=== Input records ===
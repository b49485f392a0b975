-- ===== src/Shipments/Check.antt =====
-- `assert_asset_available_for_shipment`, `_pick_assets_for_auto_assign` and the checks of
-- `create_shipment` in app/services/shipment_service.py.
use feature_asset_inventory.Base.{
  ℕ, String, ◌&&◌, not, Option, none, some, List, [], ◌∷◌, ◌++◌, is_none,
}
use feature_asset_inventory.Base.Http.{
  Result, ok, err, raise_if, ◌>>=◌, ◌>>◌, not_found, conflict, asset_on_shipment,
  asset_on_deployment, asset_not_found,
}
use feature_asset_inventory.Store.{Store}
use feature_asset_inventory.Store.Types.{Carrier, Direction}
use feature_asset_inventory.Store.Table.{get_row}
use feature_asset_inventory.Store.Rows.{Address, Asset, asset_row}
use feature_asset_inventory.Reservation.{
  other_active_shipment_for_asset, active_deployment_for_asset, reserved_by_shipment,
  available_clauses,
}
use feature_asset_inventory.Reservation.AutoAssign.{AutoAssign, pick_assets, auto_assign_ids}

-- The arguments of `create_shipment`.
pub record ShipmentCreate : Type 0 where
  pub tracking_number : String
  pub carrier : Carrier
  pub direction : Direction
  pub description : Option String
  pub notes : Option String
  pub from_location_id : Option ℕ
  pub from_address : Option Address
  pub to_location_id : Option ℕ
  pub to_address : Option Address
  pub asset_ids : List ℕ
  pub auto_assign : List AutoAssign
  pub actor_upn : Option String
  pub deployment_id : Option ℕ

unfoldable pub assert_asset_available_for_shipment :
    Store → ℕ → Option ℕ → Option ℕ → Result (Unit {0})
assert_asset_available_for_shipment db asset_id exclude_shipment_id deployment_id =
    elim (other_active_shipment_for_asset db asset_id exclude_shipment_id) [
      | some other ↦ err (conflict (asset_on_shipment asset_id other.id other.tracking_number))
      | none ↦ elim (active_deployment_for_asset db asset_id deployment_id) [
        | some other ↦ err (conflict (asset_on_deployment asset_id other.id other.name))
        | none ↦ ok tt
      ]
    ]

unfoldable pub pick_for_shipment : Store → AutoAssign → List Asset
pick_for_shipment db =
    pick_assets (λ a. not (reserved_by_shipment db a.id) && available_clauses db a) db.assets

-- The reservation check and the existence check of one asset.
unfoldable pub check_asset : Store → Option ℕ → ℕ → Result (Unit {0})
check_asset db deployment_id aid =
    assert_asset_available_for_shipment db aid none deployment_id
    >> raise_if (is_none (get_row aid db.assets)) (not_found (asset_not_found aid))

unfoldable pub check_assets : Store → Option ℕ → List ℕ → Result (Unit {0})
check_assets db deployment_id [] = ok tt
check_assets db deployment_id (aid ∷ aids) =
    let rest = check_assets db deployment_id aids in check_asset db deployment_id aid >> rest

unfoldable pub requested_ids : Store → ShipmentCreate → Result (List ℕ)
requested_ids db p =
    auto_assign_ids (pick_for_shipment db) p.auto_assign >>= λ more. ok (p.asset_ids ++ more)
===
**Exercise requirements:** In the entries above, some lines hold the string "Store". Copy each of them.

**Result for this task:**
use feature_asset_inventory.Store.{Store}
use feature_asset_inventory.Store.Types.{Carrier, Direction}
use feature_asset_inventory.Store.Table.{get_row}
use feature_asset_inventory.Store.Rows.{Address, Asset, asset_row}
    Store → ℕ → Option ℕ → Option ℕ → Result (Unit {0})
unfoldable pub pick_for_shipment : Store → AutoAssign → List Asset
unfoldable pub check_asset : Store → Option ℕ → ℕ → Result (Unit {0})
unfoldable pub check_assets : Store → Option ℕ → List ℕ → Result (Unit {0})
unfoldable pub requested_ids : Store → ShipmentCreate → Result (List ℕ)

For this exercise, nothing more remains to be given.